## BRIEF
I would like each line of the data that holds the word "state" copied out.

Recorded data:
# # # #

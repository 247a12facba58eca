-- ===== src/Ipc/Process.antt =====
-- The receiving side of src/pcrf_ipc.cpp: pcrf_ipc_process_request.
use pcrf.Common.{ℕ, Bool, true, false, Option, none, some, List, [], ◌∷◌, ◌++◌, if◌then◌else◌, ◌==◌}
use pcrf.Common.Text.{Text, bytes, text_eq}
use pcrf.Common.Lists.{length}
use pcrf.Types.{OtlText, SessionCache, new_session_cache, to_otl}
use pcrf.Peer.{PeerInfo, peer_dialect_ret}
use pcrf.Session.Store.{Store, insert_local, remove_local}
use pcrf.RuleCache.{SessRules, insert_rule_local, remove_rule_local, remove_sess_local}
use pcrf.Tracer
use pcrf.Tracer.{Tracer, set_condition, reset_condition, set_session_id, reset_session_id}
use pcrf.Ipc.Payload.{Item, read_payload, read_u32}
use pcrf.Ipc.Codes.{Codes, PsPacket}

-- The state of a node that the commands work on.
pub record Node : Type 0 where
  pub store : Store
  pub rules : SessRules
  pub peers : List PeerInfo
  pub tracer : Tracer

-- The locals that the loop over the attributes fills.
pub record Request : Type 0 where
  pub session_id : Text
  pub adm_cmd : Text
  pub application_id : ℕ
  pub cache : SessionCache
  pub parent_id : Option Text
  pub rule_name : Option Text
  pub monit_keys : Option (List Text)

abbrev pub new_request : Request
new_request = record {
  session_id = [];
  adm_cmd = [];
  application_id = 0;
  cache = new_session_cache;
  parent_id = none;
  rule_name = none;
  monit_keys = none;
}

-- `v.insert( 0, data )` and `set_non_null()`: a repeated attribute is put in front.
unfoldable pub put_front : Text → OtlText → OtlText
put_front x f = to_otl (x ++ f.v)

unfoldable add_key : Text → Option (List Text) → Option (List Text)
add_key x none = some (x ∷ [])
add_key x (some l) = some (l ++ x ∷ [])

-- `case 0`, the Diameter AVPs.
unfoldable read_diameter : ℕ → Text → Request → Request
unfolding put_front
read_diameter avp x r =
    if avp == 8
    then record r { cache = record r.cache { framed_ip_addr = put_front x r.cache.framed_ip_addr } }
    else if avp == 30
    then record r {
      cache = record r.cache { called_station_id = put_front x r.cache.called_station_id };
    }
    else if avp == 263
    then record r { session_id = x ++ r.session_id }
    else if avp == 258
    then (if length x == 4 then record r { application_id = read_u32 x } else r)
    else if avp == 264
    then record r { cache = record r.cache { origin_host = put_front x r.cache.origin_host } }
    else if avp == 296
    then record r { cache = record r.cache { origin_realm = put_front x r.cache.origin_realm } }
    else r

-- `case 10415`, the 3GPP AVPs.
unfoldable read_3gpp : ℕ → Text → Request → Request
unfolding put_front add_key
read_3gpp avp x r =
    if avp == 6
    then record r { cache = record r.cache { sgsn_ip_addr = put_front x r.cache.sgsn_ip_addr } }
    else if avp == 18
    then record r { cache = record r.cache { sgsn_mccmnc = put_front x r.cache.sgsn_mccmnc } }
    else if avp == 1027
    then (if length x == 4
        then record r { cache = record r.cache { ip_can_type_code = read_u32 x } }
        else r)
    else if avp == 1032
    then (if length x == 4
        then record r { cache = record r.cache { rat_type_code = read_u32 x } }
        else r)
    else if avp == 1066
    then record r { monit_keys = add_key x r.monit_keys }
    else r

-- `case 65535`, the Tenet AVPs.
unfoldable read_tenet : Codes → ℕ → Text → Request → Request
unfolding put_front
read_tenet k avp x r =
    if avp == k.ps_subscr
    then record r { cache = record r.cache { subscriber_id = put_front x r.cache.subscriber_id } }
    else if avp == k.attr_cgi
    then record r { cache = record r.cache { cgi = put_front x r.cache.cgi } }
    else if avp == k.attr_ecgi
    then record r { cache = record r.cache { ecgi = put_front x r.cache.ecgi } }
    else if avp == k.attr_tai
    then record r { cache = record r.cache { tai = put_front x r.cache.tai } }
    else if avp == k.attr_imei
    then record r { cache = record r.cache { imeisv = put_front x r.cache.imeisv } }
    else if avp == k.attr_imsi
    then record r { cache = record r.cache { end_user_imsi = put_front x r.cache.end_user_imsi } }
    else if avp == k.attr_e164
    then record r { cache = record r.cache { end_user_e164 = put_front x r.cache.end_user_e164 } }
    else if avp == k.attr_pses
    then record r { parent_id = some x }
    else if avp == k.attr_ipcantype
    then record r { cache = record r.cache { ip_can_type = put_front x r.cache.ip_can_type } }
    else if avp == k.attr_rattype
    then record r { cache = record r.cache { rat_type = put_front x r.cache.rat_type } }
    else if avp == k.attr_rulnm
    then record r { rule_name = some x }
    else r

-- The switch on the vendor.
unfoldable pub read_item : Codes → Item → Request → Request
unfolding read_diameter read_3gpp read_tenet
read_item k it r =
    if it.vend_id == 0
    then read_diameter it.avp_id it.content r
    else if it.vend_id == 10415
    then read_3gpp it.avp_id it.content r
    else if it.vend_id == 65535
    then read_tenet k it.avp_id it.content r
    else r

-- The switch on an attribute; `none` where read_payload is.
unfoldable pub read_attr : Codes → ℕ → Text → Request → Option Request
unfolding read_item put_front add_key
read_attr k id content r =
    if id == k.ps_admcmd
    then some (record r { adm_cmd = content ++ r.adm_cmd })
    else if id == k.ps_subscr
    then some (record r {
      cache = record r.cache { subscriber_id = put_front content r.cache.subscriber_id };
    })
    else if id == 1066
    then some (record r { monit_keys = add_key content r.monit_keys })
    else if id == k.attr_avp
    then (elim (read_payload content) [ none ↦ none | some it ↦ some (read_item k it r) ])
    else some r

-- The loop over the attributes.
unfoldable pub read_attrs : Codes → List (ℕ × Text) → Request → Option Request
unfolding read_attr
read_attrs k [] r = some r
read_attrs k ((id, content) ∷ l) r = elim (read_attr k id content r) [
  | none ↦ none
  | some r' ↦ read_attrs k l r'
]

-- What a command asks of code that answers the sender and leaves the state of the node alone:
-- pcrf_send_umi_rar, pcrf_session_cache_get_info_from_cache.
pub data Answer : Type 0 where
  no_answer : Answer
  send_umi_rar : OtlText → Option (List Text) → Answer
  get_info_from_cache : Text → Answer

abbrev pub is_nil {ℓ} : {A : Type ℓ} → List A → Bool
is_nil [] = true
is_nil (_ ∷ _) = false

-- The sequence of calls of `tracer.set` and of `tracer.reset`, one for each value that is given;
-- `number` is the condition type that the branch passes with the E164 number.
unfoldable apply_conditions :
    (Tracer.Condition → Tracer → Tracer)
    → (Text → Tracer.Condition)
    → (Option Text → Tracer → Tracer)
    → Request
    → Tracer
    → Tracer
apply_conditions condition number session r t =
    let t1 =
      if r.cache.end_user_imsi.is_null
      then t
      else condition (Tracer.imsi r.cache.end_user_imsi.v) t in
    let t2 =
      if r.cache.called_station_id.is_null
      then t1
      else condition (Tracer.apn r.cache.called_station_id.v) t1 in
    let t3 =
      if r.cache.end_user_e164.is_null then t2 else condition (number r.cache.end_user_e164.v) t2 in
    let t4 =
      if r.application_id == 0 then t3 else condition (Tracer.application_id r.application_id) t3 in
    if is_nil r.session_id then t4 else session (some r.session_id) t4

-- `case ADMIN_REQ`. `tracer.reset` passes the E164 number as a condition on the IMSI.
unfoldable admin_request : Request → Tracer → Tracer
unfolding apply_conditions
admin_request r t =
    if text_eq r.adm_cmd (bytes "tracer.set")
    then apply_conditions set_condition Tracer.e164 set_session_id r t
    else if text_eq r.adm_cmd (bytes "tracer.reset")
    then apply_conditions reset_condition Tracer.imsi reset_session_id r t
    else t

unfoldable pub with_rule : (Text → SessRules → SessRules) → Option Text → SessRules → SessRules
with_rule f none m = m
with_rule f (some name) m = f name m

-- The switch on the type of the request.
unfoldable pub execute : Codes → ℕ → Request → Node → Node × Answer
unfolding admin_request with_rule
execute k type r n =
    if type == k.cmd_insert_session
    then (
      record n {
        store =
            insert_local r.session_id r.cache r.parent_id
              (peer_dialect_ret n.peers r.cache.origin_host.v r.cache.origin_realm.v) n.store;
      },
      no_answer,
    )
    else if type == k.cmd_remove_session
    then (
      record n {
        store = (remove_local r.session_id n.store).1;
        rules = remove_sess_local r.session_id n.rules;
      },
      no_answer,
    )
    else if type == k.cmd_insert_sessrul
    then (
      record n { rules = with_rule (insert_rule_local r.session_id) r.rule_name n.rules },
      no_answer,
    )
    else if type == k.cmd_remove_sessrul
    then (
      record n { rules = with_rule (remove_rule_local r.session_id) r.rule_name n.rules },
      no_answer,
    )
    else if type == k.cmd_sess_usage
    then (n, send_umi_rar r.cache.subscriber_id r.monit_keys)
    else if type == k.get_info_from_cache
    then (n, get_info_from_cache r.session_id)
    else if type == k.admin_req
    then (record n { tracer = admin_request r n.tracer }, no_answer)
    else (n, no_answer)

-- pcrf_ipc_process_request. A buffer that does not parse is dropped; `none` where read_payload is.
unfoldable pub process_request : PsPacket → Codes → Text → Node → Option (Node × Answer)
unfolding read_attrs execute
process_request p k buf n = elim (p.parse buf) [
  | none ↦ some (n, no_answer)
  | some q ↦ elim (read_attrs k q.attrs new_request) [
    | none ↦ none
    | some r ↦ some (execute k q.req_type r n)
  ]
]
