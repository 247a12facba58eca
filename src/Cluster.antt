-- ===== src/Cluster.antt =====
-- The operations of src/pcrf_session_cache.cpp that act on every node of a cluster: each changes
-- the local cache and sends the command of src/pcrf_ipc.cpp to the other nodes.
pub mod Agreement
use pcrf.Common.{ℕ, Option, none, some, List, [], ◌∷◌, if◌then◌else◌}
use pcrf.Common.Text.{Text}
use pcrf.Types.{SessionInfo, RequestInfo}
use pcrf.Peer.{peer_dialect_ret}
use pcrf.RuleCache.{remove_sess_local}
use pcrf.Session.Store.{cache_of, insert_local, remove_local}
use pcrf.Ipc.Codes.{Codes, PsPacket}
use pcrf.Ipc.Pack.{cmd2remote}
use pcrf.Ipc.Process.{Node, is_nil}

module _ (p : PsPacket) (k : Codes) (nodes : List (Option ℕ)) where
  -- pcrf_session_cache_insert: the node, and the datagrams that are sent.
  unfoldable pub session_cache_insert :
      Text → SessionInfo → Option RequestInfo → Option Text → Node → Node × List (ℕ × Text)
  session_cache_insert sid info req par n = if is_nil sid then (n, []) else (
    record n {
      store =
          insert_local sid (cache_of info req) par
            (peer_dialect_ret n.peers info.origin_host.v info.origin_realm.v) n.store;
    },
    cmd2remote p k nodes sid (some (cache_of info req)) k.cmd_insert_session par,
  )

  -- pcrf_session_cache_remove.
  unfoldable pub session_cache_remove : Text → Node → Node × List (ℕ × Text)
  session_cache_remove sid n = (
    record n { store = (remove_local sid n.store).1; rules = remove_sess_local sid n.rules },
    cmd2remote p k nodes sid none k.cmd_remove_session none,
  )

# # # #

## FINAL ANSWER
-- The state of a node that the commands work on.
-- What a command asks of code that answers the sender and leaves the state of the node alone:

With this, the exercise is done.